Using WebAssembly threads from C, C++ and Rust

WebAssembly threads support is one of the most important performance additions to WebAssembly. It allows you to either run parts of your code in parallel on separate cores, or the same code over independent parts of the input data, scaling it to as many cores as the user has and significantly reducing the overall execution time.

In this article you will learn how to use WebAssembly threads to bring multithreaded applications written in languages like C, C++, and Rust to the web.

How WebAssembly threads work #

WebAssembly threads is not a separate feature, but a combination of several components that allows WebAssembly apps to use traditional multithreading paradigms on the web.

Web Workers #

First component is the regular Workers you know and love from JavaScript. WebAssembly threads use the new Worker constructor to create new underlying threads. Each thread loads a JavaScript glue, and then the main thread uses Worker#postMessage method to share the compiled WebAssembly.Module as well as a shared WebAssembly.Memory (see below) with those other threads. This establishes communication and allows all those threads to run the same WebAssembly code on the same shared memory without going through JavaScript again.

Web Workers have been around for over a decade now, are widely supported, and don’t require any special flags.

SharedArrayBuffer #

WebAssembly memory is represented by a WebAssembly.Memory object in the JavaScript API. By default WebAssembly.Memory is a wrapper around an ArrayBuffer—a raw byte buffer that can be accessed only by a single thread.

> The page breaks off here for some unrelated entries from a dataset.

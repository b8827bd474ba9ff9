-- ===== src/Pricing/Form/Keyed.antt =====
-- Objects of prices: entries that are set or removed leave one entry to a key.
use daili_usage_keeper_north.Base.{
  ◌≡◌, refl, String, true, false, Option, none, some, [], ◌∷◌, Dict, lookup, update, if◌then◌else◌,
  str_eq, eq_iff, All, arith, Bool-cases, inl, inr,
}
use daili_usage_keeper_north.Usage.Stats.{ModelPrice}
use daili_usage_keeper_north.Pricing.{has_model}
use daili_usage_keeper_north.Pricing.Sync.{IsObject}
use daili_usage_keeper_north.Pricing.Form.{remove}

module _ {C : Type 0} where
  -- No two entries have one key.
  abbrev pub IsKeyed : Dict (ModelPrice C) → Type 0
  IsKeyed [] = Unit
  IsKeyed ((k, p) ∷ m) = (has_model k m ≡ false) × IsKeyed m

  below_other :
      (k : String) (p : ModelPrice C) (m rest : Dict (ModelPrice C))
      → has_model k rest ≡ false
      → All (λ e. lookup e.0 m ≡ some e.1) rest
      → All (λ e. lookup e.0 ((k, p) ∷ m) ≡ some e.1) rest
  unfolding lookup
  below_other k p m [] h a = tt
  below_other k p m ((j, q) ∷ rest) h a =
      (ground (arith, eq_iff k j, eq_iff j k), below_other k p m rest (ground arith) a.1)

  pub IsKeyed-IsObject : (m : Dict (ModelPrice C)) → IsKeyed m → IsObject m
  unfolding lookup
  IsKeyed-IsObject [] h = tt
  IsKeyed-IsObject ((k, p) ∷ m) h =
      (ground (arith, eq_iff k k), below_other k p m m h.0 (IsKeyed-IsObject m h.1))

  has_model-update :
      (j k : String) (g : Option (ModelPrice C) → ModelPrice C) (m : Dict (ModelPrice C))
      → has_model j (update k g m) ≡ (if str_eq k j then true else has_model j m)
  unfolding update
  has_model-update j k g [] = ground (arith)
  has_model-update j k g ((i, p) ∷ m) =
      ground (arith, eq_iff k j, eq_iff i k, eq_iff i j, has_model-update j k g m)

  pub update-IsKeyed :
      (k : String) (g : Option (ModelPrice C) → ModelPrice C) (m : Dict (ModelPrice C))
      → IsKeyed m
      → IsKeyed (update k g m)
  unfolding update
  update-IsKeyed k g [] h = (refl, tt)
  update-IsKeyed k g ((i, p) ∷ m) h = elim (Bool-cases (str_eq i k)) [
    | inl e ↦ rw e h
    | inr e ↦
        rw e (
          ground (arith, has_model-update i k g m, eq_iff i k, eq_iff k i),
          update-IsKeyed k g m h.1,
        )
  ]

  has_model-remove :
      (j k : String) (m : Dict (ModelPrice C))
      → has_model j m ≡ false
      → has_model j (remove k m) ≡ false
  has_model-remove j k [] h = refl
  has_model-remove j k ((i, p) ∷ m) h = ground (arith, has_model-remove j k m)

  pub remove-IsKeyed : (k : String) (m : Dict (ModelPrice C)) → IsKeyed m → IsKeyed (remove k m)
  remove-IsKeyed k [] h = tt
  remove-IsKeyed k ((i, p) ∷ m) h = elim (Bool-cases (str_eq i k)) [
    | inl e ↦ rw e (remove-IsKeyed k m h.1)
    | inr e ↦ rw e (has_model-remove i k m h.0, remove-IsKeyed k m h.1)
  ]

  pub lookup-remove :
      (j k : String) (m : Dict (ModelPrice C))
      → lookup j (remove k m) ≡ (if str_eq k j then none else lookup j m)
  unfolding lookup
  lookup-remove j k [] = ground arith
  lookup-remove j k ((i, p) ∷ m) =
      ground (arith, eq_iff k j, eq_iff i k, eq_iff i j, lookup-remove j k m)
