-- ===== src/Pricing/Form/Laws.antt =====
-- What the form of the prices comes to on the server, through the requests of `setModelPrices`.
use daili_usage_keeper_north.Base.{
  ◌≡◌, refl, sym, ap, ◌∙◌, String, Bool, true, false, Option, none, some, Dict, lookup, update,
  lookup-update, if◌then◌else◌, str_eq, eq_iff, arith, Bool-cases, Option-cases, inl, inr, is_blank,
  trim,
}
use daili_usage_keeper_north.Usage.Stats.{ModelPrice}
use daili_usage_keeper_north.Pricing.{price_requests}
use daili_usage_keeper_north.Pricing.Sync.{Server, serve_all, price_requests-serve_all}
use daili_usage_keeper_north.Pricing.Form.{
  Numbers, PriceForm, remove, read_price, parse_price_value, handle_save_price, handle_delete_price,
  handle_open_edit, handle_save_edit,
}
use daili_usage_keeper_north.Pricing.Form.Keyed.{
  IsKeyed, IsKeyed-IsObject, update-IsKeyed, remove-IsKeyed, lookup-remove,
}

module _ {C : Type 0} where
  -- What a server holds after `onPricesChange` was called with these prices, or was not called.
  abbrev pub served :
      (C → C → Bool) → Dict (ModelPrice C) → Server C → Option (Dict (ModelPrice C)) → Server C
  served same previous server none = server
  served same previous server (some prices) = serve_all server (price_requests same previous prices)

  -- The price of a model set to `some p`, or deleted, or left as it is.
  abbrev pub set_price : Server C → String → Option (ModelPrice C) → Server C
  set_price server model price k = if str_eq model k then price else server k

  abbrev pub set_if : Server C → String → Option (ModelPrice C) → Server C
  set_if server model none = server
  set_if server model (some price) = set_price server model (some price)

-- A text is a number from 0 on.
abbrev pub IsPrice : {C : Type 0} → Numbers C → String → C → Type 0
IsPrice numbers text c = (numbers.read text ≡ some c) × (numbers.is_non_negative c ≡ true)

-- The form names a model and asks for this price of it.
abbrev pub AsksFor : {C : Type 0} → Numbers C → PriceForm → ModelPrice C → Type 0
AsksFor numbers f p =
    (is_blank f.selected_model ≡ false)
    × IsPrice numbers f.prompt_price p.prompt
    × IsPrice numbers f.completion_price p.completion
    × (is_blank (trim f.cache_price) ≡ true → p.cache ≡ p.prompt)
    × (is_blank (trim f.cache_price) ≡ false → IsPrice numbers f.cache_price p.cache)

module _ {C : Type 0} (numbers : Numbers C) (f : PriceForm) (p : ModelPrice C) where
  AsksFor-read_price :
      AsksFor numbers f p
      → read_price numbers f.prompt_price f.completion_price f.cache_price ≡ some p
  unfolding read_price
  AsksFor-read_price a = ground arith

  read_price-AsksFor :
      is_blank f.selected_model ≡ false
      → read_price numbers f.prompt_price f.completion_price f.cache_price ≡ some p
      → AsksFor numbers f p
  unfolding read_price
  read_price-AsksFor n e = ground arith

-- A server that holds the prices that the form was given, which are an object.
module _ {C : Type 0} (same : C → C → Bool) (exact : (a b : C) → same a b ≡ true → a ≡ b)
    (prices : Dict (ModelPrice C)) (keyed : IsKeyed prices) (server : Server C)
    (held : (k : String) → server k ≡ lookup k prices) where
  update-served :
      (model : String) (p : ModelPrice C) (k : String)
      → served same prices server (some (update model (λ old. p) prices)) k
        ≡ set_price server model (some p) k
  update-served model p k =
      price_requests-serve_all same exact prices (update model (λ old. p) prices) server
        (IsKeyed-IsObject _ (update-IsKeyed model (λ old. p) prices keyed)) held k
      ∙ lookup-update k model (λ old. p) prices
      ∙ ap (λ o. if str_eq model k then some p else o) (sym (held k))

  remove-served :
      (model k : String)
      → served same prices server (some (remove model prices)) k ≡ set_price server model none k
  remove-served model k =
      price_requests-serve_all same exact prices (remove model prices) server
        (IsKeyed-IsObject _ (remove-IsKeyed model prices keyed)) held k
      ∙ lookup-remove k model prices
      ∙ ap (λ o. if str_eq model k then none else o) (sym (held k))

  module _ (numbers : Numbers C) where
    save_read :
        (f saved : PriceForm) (price : Option (ModelPrice C)) (k : String)
        → served same prices server
            (elim price as (λ o. PriceForm × Option (Dict (ModelPrice C))) [
              | none ↦ (f, none)
              | some p ↦ (saved, some (update f.selected_model (λ old. p) prices))
            ]).1
            k
          ≡ set_if server f.selected_model price k
    save_read f saved none k = refl
    save_read f saved (some p) k = update-served f.selected_model p k

    saved_or_not :
        (f : PriceForm) (k : String)
        → served same prices server (handle_save_price numbers prices f).1 k
          ≡ set_if server f.selected_model
              (if is_blank f.selected_model
                then none
                else read_price numbers f.prompt_price f.completion_price f.cache_price)
              k
    unfolding handle_save_price
    saved_or_not f k = elim (Bool-cases (is_blank f.selected_model)) [
      | inl e ↦ rw e refl
      | inr e ↦
          rw e
            (save_read f _ (read_price numbers f.prompt_price f.completion_price f.cache_price) k)
    ]

    not_saved :
        (f : PriceForm) (k : String)
        → ((p : ModelPrice C) → ¬ AsksFor numbers f p)
        → set_if server f.selected_model
            (if is_blank f.selected_model
              then none
              else read_price numbers f.prompt_price f.completion_price f.cache_price)
            k
          ≡ server k
    not_saved f k n = elim (Bool-cases (is_blank f.selected_model)) [
      | inl e ↦ rw e refl
      | inr e ↦
          elim (Option-cases (read_price numbers f.prompt_price f.completion_price f.cache_price)) [
            | inl r ↦ rw (e, r) refl
            | inr (p, r) ↦ absurd (n p (read_price-AsksFor numbers f p e r))
          ]
    ]

    -- Through the requests of `setModelPrices`, on a server that holds the old prices: saving a form
    -- that asks for a price of a model sets that price of that model alone, saving any other form
    -- changes nothing, and deleting a model removes its price alone. A form asks for a price if its
    -- texts are numbers from 0 on; that of the cache may be left blank, and is that of the prompt then.
    pub handle_save_price-served :
        (f : PriceForm) (k : String)
        → ((p : ModelPrice C)
            → AsksFor numbers f p
            → served same prices server (handle_save_price numbers prices f).1 k
              ≡ set_price server f.selected_model (some p) k)
          × (((p : ModelPrice C) → ¬ AsksFor numbers f p)
              → served same prices server (handle_save_price numbers prices f).1 k ≡ server k)
          × (served same prices server (handle_delete_price prices f.selected_model) k
              ≡ set_price server f.selected_model none k)
    unfolding handle_delete_price
    handle_save_price-served f k = (
      λ p a. rw (saved_or_not f k, a.0, AsksFor-read_price numbers f p a) refl,
      λ n. saved_or_not f k ∙ not_saved f k n,
      remove-served f.selected_model k,
    )

    module _ (prints : (c : C) → numbers.read (numbers.print c) ≡ some c)
        (visible : (c : C) → is_blank (trim (numbers.print c)) ≡ false) where
      parse_price_value-print :
          (c : C)
          → numbers.is_non_negative c ≡ true
          → parse_price_value numbers (numbers.print c) ≡ some c
      unfolding parse_price_value
      parse_price_value-print c h = ground (arith, prints c)

      read_price-print :
          (p : ModelPrice C)
          → numbers.is_non_negative p.prompt ≡ true
          → numbers.is_non_negative p.completion ≡ true
          → numbers.is_non_negative p.cache ≡ true
          → read_price numbers
              (numbers.print p.prompt)
              (numbers.print p.completion)
              (numbers.print p.cache)
            ≡ some p
      unfolding read_price
      read_price-print p x y z = ground (
        arith,
        parse_price_value-print p.prompt,
        parse_price_value-print p.completion,
        parse_price_value-print p.cache,
        visible p.cache,
      )

      -- Opening the dialog on a model that has a price, with numbers from 0 on, and saving it at once
      -- closes the dialog and leaves the server as it was, provided a number that is printed is read
      -- back and is not blank.
      pub handle_save_edit-handle_open_edit :
          (f : PriceForm) (model : String) (p : ModelPrice C) (k : String)
          → is_blank model ≡ false
          → lookup model prices ≡ some p
          → numbers.is_non_negative p.prompt ≡ true
          → numbers.is_non_negative p.completion ≡ true
          → numbers.is_non_negative p.cache ≡ true
          → let saved = handle_save_edit numbers prices (handle_open_edit numbers prices model f) in
            (saved.0.edit_model ≡ none) × (served same prices server saved.1 k ≡ server k)
      unfolding handle_save_edit handle_open_edit
      handle_save_edit-handle_open_edit f model p k b l x y z =
          rw (b, l, read_price-print p x y z)
            (
              refl,
              update-served model p k ∙ elim (Bool-cases (str_eq model k)) [
                | inl e ↦
                    rw e (sym l ∙ ap (λ j. lookup j prices) ((eq_iff model k).0 e) ∙ sym (held k))
                | inr e ↦ rw e refl
              ],
            )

> new WebAssembly.Memory({ initial:1, maximum:10 }).buffer
ArrayBuffer { … }

To support multithreading, WebAssembly.Memory gained a shared variant too. When created with a shared flag via the JavaScript API, or by the WebAssembly binary itself, it becomes a wrapper around a SharedArrayBuffer instead. It’s a variation of ArrayBuffer that can be shared with other threads and read or modified simultaneously from either side.

> new WebAssembly.Memory({ initial:1, maximum:10, shared:true }).buffer
SharedArrayBuffer { … }

Unlike postMessage, normally used for communication between main thread and Web Workers, SharedArrayBuffer doesn’t require copying data or even waiting for the event loop to send and receive messages. Instead, any changes are seen by all threads nearly instantly, which makes it a much better compilation target for traditional synchronisation primitives.

SharedArrayBuffer has a complicated history. It was initially shipped in several browsers mid-2017, but had to be disabled in the beginning of 2018 due to discovery of Spectre vulnerabilities. The particular reason was that data extraction in Spectre relies on timing attacks—measuring execution time of a particular piece of code. To make this kind of attack harder, browsers reduced precision of standard timing APIs like and However, shared memory, combined with a simple counter loop running in a separate thread is also a very reliable way to get high-precision timing, and it’s much harder to mitigate without significantly throttling runtime performance.

Instead, Chrome 68 (mid-2018) re-enabled SharedArrayBuffer again by leveraging Site Isolation—a feature that puts different websites into different processes and makes it much more difficult to use side-channel attacks like Spectre. However, this mitigation was still limited only to Chrome desktop, as Site Isolation is a fairly expensive feature, and couldn’t be enabled by default for all sites on low-memory mobile devices nor was it yet implemented by other vendors.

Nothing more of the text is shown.